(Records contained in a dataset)

····················

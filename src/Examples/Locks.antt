-- ===== src/Examples/Locks.antt =====
-- Examples of the locks, over a system in which another process holds the lock for a while.
use libtopfield.Base.{
  ℕ, ◌+◌, ◌-◌, ◌≡◌, refl, arith, Bool, true, false, [], ◌∷◌, some, none, length, take, ◌==◌,
  if◌then◌else◌,
}
use libtopfield.Base.Int.{ℤ, pos, negsuc}
use libtopfield.Daemon.{Os, daemon_acquire_lock, daemon_lock_pid, atoi, pid_line, decimal}
use libtopfield.Open.{
  Host, hup, blank, topfield_open, open_locked, open_device, lock_loop, ask_holder, lock_holder,
}
use libtopfield.Daemon.Acquire.{Keeps, Ends, daemon_acquire_lock-Ends}
use libtopfield.Daemon.Holder.{daemon_lock_pid-pid_line}
use libtopfield.Daemon.Waiting.{Frees, Writes, Locks, daemon_acquire_lock-Locks}

-- The other process lets go after `left` more seconds.
record Desk : Type 0 where
  pub left : ℕ
  pub waited : ℕ
  pub mine : Bool

abbrev try_lock : Desk → ℤ × Desk
try_lock w = if w.left == 0 then (pos 0, record w { mine = true }) else (negsuc 0, w)

abbrev system : Os Desk
system = record {
  open_write = λ w. (pos 3, w);
  open_read = λ w. (pos 3, w);
  close = λ w fd. (pos 0, record w { mine = false });
  set_lock = λ w fd. try_lock w;
  busy = λ w. true;
  sleep = λ w n. record w { left = w.left - n; waited = w.waited + n };
  truncate = λ w fd. (pos 0, w);
  getpid = λ w. 42;
  write = λ w fd bytes. (pos (length bytes), w);
  get_flags = λ w fd. (pos 0, w);
  set_cloexec = λ w fd flags. (pos 0, w);
  read = λ w fd n. (pos (length (take n (pid_line 1234))), take n (pid_line 1234), w);
}

abbrev held : Desk → ℤ → Bool
held w fd = w.mine

abbrev waits : Desk → ℕ
waits w = w.waited

keeps : Keeps system held waits
keeps = record {
  locks = λ w fd e. ground (arith, e);
  truncate_keeps = λ w fd. refl;
  write_keeps = λ w fd b. refl;
  flags_keep = λ w fd. refl;
  cloexec_keeps = λ w fd v. refl;
  sleep_counts = λ w. refl;
  open_still = λ w. refl;
  lock_still = λ w fd. ground arith;
  close_still = λ w fd. refl;
  truncate_still = λ w fd. refl;
  write_still = λ w fd b. refl;
  flags_still = λ w fd. refl;
  cloexec_still = λ w fd v. refl;
}

abbrev desk : Desk
desk = record { left = 2; waited = 0; mine = false }

daemon_acquire_lock-Ends_example :
    Ends held waits (waits desk + 5) (daemon_acquire_lock system desk (pos 5))
daemon_acquire_lock-Ends_example = daemon_acquire_lock-Ends system held waits keeps desk (pos 5)

-- The lock is free at the third try.
free_soon : Frees system (pos 3) 2 desk
free_soon = Frees.later 1 desk refl refl (Frees.later 0 _ refl refl (Frees.now _ refl))

writes : Writes system
writes = record { cuts = λ w fd. refl; wrote = λ w fd line. refl }

daemon_acquire_lock-Locks_example : Locks held (pos 3) (daemon_acquire_lock system desk (pos 5))
daemon_acquire_lock-Locks_example =
    daemon_acquire_lock-Locks system held waits keeps writes desk (pos 5) 2 refl free_soon
      (omega arith)

daemon_lock_pid-pid_line_example : daemon_lock_pid system desk ≡ some (pos 1234, none, desk)
unfolding pid_line decimal
daemon_lock_pid-pid_line_example =
    daemon_lock_pid-pid_line system desk desk 1234 (omega arith) (omega arith) refl refl refl refl
      refl

abbrev host : Host Desk
host = record {
  open_lock = λ w index. (pos 3, w);
  open_read = λ w index. (pos 4, w);
  flock = λ w fd. try_lock w;
  close = λ w fd. record w { mine = false };
  getpid = λ w. 42;
  write = λ w fd bytes. w;
  read = λ w fd n. (pos 3, b'1' ∷ b'7' ∷ 10 ∷ [], w);
  hup = λ w pid. (pos 0, record w { left = 0 });
  sleep = λ w n. record w { waited = w.waited + n };
  open_usb_dev = λ w vendor product index. (true, w);
  close_usb_dev = λ w. w;
  malloc = λ w n. (true, w);
  free = λ w. w;
}

-- The holder of the lock is asked to go, and the second try gets it.
hup_opens :
    topfield_open host 0 hup desk
    ≡ some (
      pos 0,
      record {
        tf = record blank { lock_fd = pos 3; dev = true; buf = true };
        world = record { left = 0; waited = 2; mine = true };
      },
    )
unfolding topfield_open open_locked open_device lock_loop ask_holder lock_holder atoi pid_line
    decimal
hup_opens = refl
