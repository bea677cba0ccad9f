-- ===== src/Transfer/Pieces.antt =====
-- The loops of usb_io.c over a kernel that moves a transfer in pieces.
use libtopfield.Base.{
  dec_lt, ℕ, zero, suc, ◌+◌, ◌-◌, ◌<◌, ◌≤◌, ◌≡◌, refl, ap, arith, List, [], ◌∷◌, ◌++◌, append_assoc,
  some, length, take, drop, drop-drop, length-append, ltb, ◌==◌, ◌&&◌, min, true, false,
  length-append,
}
use libtopfield.Base.Int.{pos, negsuc}
use mathlib.Core.List.{append-nil}
use libtopfield.Transfer.{Kernel, write_rounds, read_rounds}

-- The kernel takes `left` bytes, which start with `bytes`, in pieces that are not empty.
pub data Takes {W : Type 0} (kernel : Kernel W) (max timeout : ℕ)
    : ℕ → List ℕ → W → W → Type 0 where
  all : (bytes : List ℕ) (w : W) → Takes kernel max timeout 0 bytes w w
  piece :
      (left n : ℕ) (bytes : List ℕ) (w w1 after : W)
      → kernel.bulk_out w 0x01 bytes (min left max) timeout ≡ (pos n, w1)
      → 0 < n
      → n ≤ left
      → Takes kernel max timeout (left - n) (drop n bytes) w1 after
      → Takes kernel max timeout left bytes w after

-- The kernel brings bytes where `wanted` are asked for: as many as it is asked for at a time, until
-- a piece is shorter, a read fails or no more are wanted.
pub data Arrives {W : Type 0} (kernel : Kernel W) (max timeout : ℕ)
    : ℕ → List ℕ → W → W → Type 0 where
  filled : (w : W) → Arrives kernel max timeout 0 [] w w
  failed :
      (wanted e : ℕ) (rest : List ℕ) (w after : W)
      → 0 < wanted
      → kernel.bulk_in w 0x82 (min wanted max) timeout ≡ (negsuc e, rest, after)
      → Arrives kernel max timeout wanted [] w after
  short :
      (wanted : ℕ) (bytes : List ℕ) (w after : W)
      → kernel.bulk_in w 0x82 (min wanted max) timeout ≡ (pos (length bytes), bytes, after)
      → length bytes < min wanted max
      → Arrives kernel max timeout wanted bytes w after
  full :
      (wanted : ℕ) (bytes rest : List ℕ) (w w1 after : W)
      → kernel.bulk_in w 0x82 (min wanted max) timeout ≡ (pos (length bytes), bytes, w1)
      → length bytes ≡ min wanted max
      → 0 < length bytes
      → Arrives kernel max timeout (wanted - length bytes) rest w1 after
      → Arrives kernel max timeout wanted (bytes ++ rest) w after

module _ {W : Type 0} (kernel : Kernel W) (max timeout : ℕ) where
  at_end :
      (left : ℕ) (bytes : List ℕ) (w after : W)
      → Takes kernel max timeout left bytes w after
      → left ≡ 0
      → w ≡ after
  at_end _ _ w _ (Takes.all _ _) none_left = refl
  at_end left _ w after (Takes.piece _ n _ _ w1 _ takes more fits rest) none_left =
      absurd (omega (arith, more, fits, none_left))

  filled_up :
      (wanted : ℕ) (bytes : List ℕ) (w after : W)
      → Arrives kernel max timeout wanted bytes w after
      → wanted ≡ 0
      → (bytes ≡ []) × (w ≡ after)
  filled_up _ _ w _ (Arrives.filled _) none_wanted = (refl, refl)
  filled_up _ _ w after (Arrives.failed wanted e rest _ _ some_wanted brings) none_wanted =
      absurd (omega (arith, some_wanted, none_wanted))
  filled_up _ _ w after (Arrives.short wanted bytes _ _ brings fewer) none_wanted =
      absurd (omega (arith, fewer, none_wanted))
  filled_up _ _ w after (Arrives.full wanted bytes rest _ w1 _ brings all_of some_bytes more)
        none_wanted =
      absurd (omega (arith, all_of, some_bytes, none_wanted))

  take-all : (bytes : List ℕ) → take (length bytes) bytes ≡ bytes
  take-all [] = refl
  take-all (b ∷ bytes) = ap (b ∷◌) (take-all bytes)

  pub write_rounds-Takes :
      (fuel length sent left : ℕ) (bytes : List ℕ) (w after : W)
      → Takes kernel max timeout left (drop sent bytes) w after
      → sent + left ≡ length
      → 0 < left
      → left < fuel
      → write_rounds kernel max fuel 0x01 bytes length timeout sent w ≡ some (length, after)
  unfolding write_rounds
  write_rounds-Takes zero length sent left bytes w after t sum some_left enough = ground arith
  write_rounds-Takes (suc fuel) length sent _ bytes w _ (Takes.all _ _) sum some_left enough =
      ground arith
  write_rounds-Takes (suc fuel) length sent _ bytes w _
        (Takes.piece left n _ _ w1 after takes more fits rest) sum some_left enough =
      let here : length - sent ≡ left = omega (arith, sum) in
      let taken : kernel.bulk_out w 0x01 (drop sent bytes) (min (length - sent) max) timeout
          ≡ (pos n, w1) =
        rw here takes in
      let code = ap (λ r. r.0) taken in
      let world = ap (λ r. r.1) taken in
      let next : sent + n + (left - n) ≡ length = omega (arith, sum, fits) in
      let behind : drop n (drop sent bytes) ≡ drop (sent + n) bytes = drop-drop n sent bytes in
      elim (dec_lt 0 (left - n)) [
        | yes goes_on ↦
            let again : (ltb 0 n && ltb (sent + n) length) ≡ true =
              ground (arith, more, sum, goes_on) in
            let later =
              write_rounds-Takes fuel length (sent + n) (left - n) bytes w1 after
                (rw behind at rest) next goes_on (omega (arith, more, enough)) in
            rw (code, world, again, write_rounds) later
        | no over ↦
            let none_left : left - n ≡ 0 = omega (arith, over) in
            let stops : (ltb 0 n && ltb (sent + n) length) ≡ false = ground (arith, sum, over) in
            let whole : sent + n ≡ length = omega (arith, sum, fits, over) in
            let same = at_end (left - n) _ w1 after rest none_left in
            rw (code, world, stops, whole, same, write_rounds) refl
      ]

  pub read_rounds-Arrives :
      (fuel size retrieved wanted : ℕ) (got bytes : List ℕ) (w after : W)
      → Arrives kernel max timeout wanted bytes w after
      → retrieved + wanted ≡ size
      → 0 < wanted
      → wanted < fuel
      → read_rounds kernel max fuel 0x82 size timeout retrieved got w
        ≡ some (retrieved + length bytes, got ++ bytes, after)
  unfolding read_rounds
  read_rounds-Arrives zero size retrieved wanted got bytes w after a sum some_wanted enough =
      ground arith
  read_rounds-Arrives (suc fuel) size retrieved _ got _ w _ (Arrives.filled _) sum some_wanted
        enough =
      ground arith
  read_rounds-Arrives (suc fuel) size retrieved wanted got _ w after
        (Arrives.failed _ e rest _ _ more brings) sum some_wanted enough =
      let here : size - retrieved ≡ wanted = omega (arith, sum) in
      let brought : kernel.bulk_in w 0x82 (min (size - retrieved) max) timeout
          ≡ (negsuc e, rest, after) =
        rw here brings in
      let code = ap (λ r. r.0) brought in
      let piece = ap (λ r. r.1) brought in
      let world = ap (λ r. r.2) brought in
      rw (code, world, append-nil got, read_rounds) (ap (λ k. some (k, got, after)) (omega arith))
  read_rounds-Arrives (suc fuel) size retrieved wanted got bytes w after
        (Arrives.short _ _ _ _ brings fewer) sum some_wanted enough =
      let here : size - retrieved ≡ wanted = omega (arith, sum) in
      let brought : kernel.bulk_in w 0x82 (min (size - retrieved) max) timeout
          ≡ (pos (length bytes), bytes, after) =
        rw here brings in
      let code = ap (λ r. r.0) brought in
      let piece = ap (λ r. r.1) brought in
      let world = ap (λ r. r.2) brought in
      let all_taken = take-all bytes in
      let stops : (length bytes == min (size - retrieved) max) ≡ false =
        ground (arith, fewer, sum) in
      rw (code, piece, world, all_taken, stops, read_rounds) (ground arith)
  read_rounds-Arrives (suc fuel) size retrieved wanted got _ w after
        (Arrives.full _ bytes rest _ w1 _ brings all_of some_bytes more) sum some_wanted enough =
      let here : size - retrieved ≡ wanted = omega (arith, sum) in
      let brought : kernel.bulk_in w 0x82 (min (size - retrieved) max) timeout
          ≡ (pos (length bytes), bytes, w1) =
        rw here brings in
      let code = ap (λ r. r.0) brought in
      let piece = ap (λ r. r.1) brought in
      let world = ap (λ r. r.2) brought in
      let taken = take-all bytes in
      let asked : (length bytes == min (size - retrieved) max) ≡ true =
        ground (arith, all_of, sum) in
      let count = length-append bytes rest in
      let joined = append_assoc got bytes rest in
      elim (dec_lt 0 (wanted - length bytes)) [
        | yes goes_on ↦
            let again : ltb (retrieved + length bytes) size ≡ true = ground (arith, sum, goes_on) in
            let later =
              read_rounds-Arrives fuel size (retrieved + length bytes) (wanted - length bytes)
                (got ++ bytes) rest w1 after more (omega (arith, sum, all_of)) goes_on
                (omega (arith, some_bytes, enough)) in
            let sum_is : retrieved + length bytes + length rest
                ≡ retrieved + length (bytes ++ rest) =
              omega (arith, count) in
            rw (code, piece, world, taken, asked, again, read_rounds)
              (ground (arith, some_bytes, later, sum_is, joined))
        | no over ↦
            let stops : ltb (retrieved + length bytes) size ≡ false = ground (arith, sum, over) in
            let (none_left, same) =
              filled_up (wanted - length bytes) rest w1 after more (omega (arith, over)) in
            rw (code, piece, world, taken, stops, none_left, append-nil bytes, same, read_rounds)
              (ground arith)
      ]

····················

> What is expected
Set down exactly the lines of the data above, beginning with the line that has "unfolding read_rounds" and ending with the line that has "read_rounds-Arrives (suc fuel) size retrieved wanted got bytes", and no others.

> Answer to this task
  unfolding read_rounds
  read_rounds-Arrives zero size retrieved wanted got bytes w after a sum some_wanted enough =
      ground arith
  read_rounds-Arrives (suc fuel) size retrieved _ got _ w _ (Arrives.filled _) sum some_wanted
        enough =
      ground arith
  read_rounds-Arrives (suc fuel) size retrieved wanted got _ w after
        (Arrives.failed _ e rest _ _ more brings) sum some_wanted enough =
      let here : size - retrieved ≡ wanted = omega (arith, sum) in
      let brought : kernel.bulk_in w 0x82 (min (size - retrieved) max) timeout
          ≡ (negsuc e, rest, after) =
        rw here brings in
      let code = ap (λ r. r.0) brought in
      let piece = ap (λ r. r.1) brought in
      let world = ap (λ r. r.2) brought in
      rw (code, world, append-nil got, read_rounds) (ap (λ k. some (k, got, after)) (omega arith))
  read_rounds-Arrives (suc fuel) size retrieved wanted got bytes w after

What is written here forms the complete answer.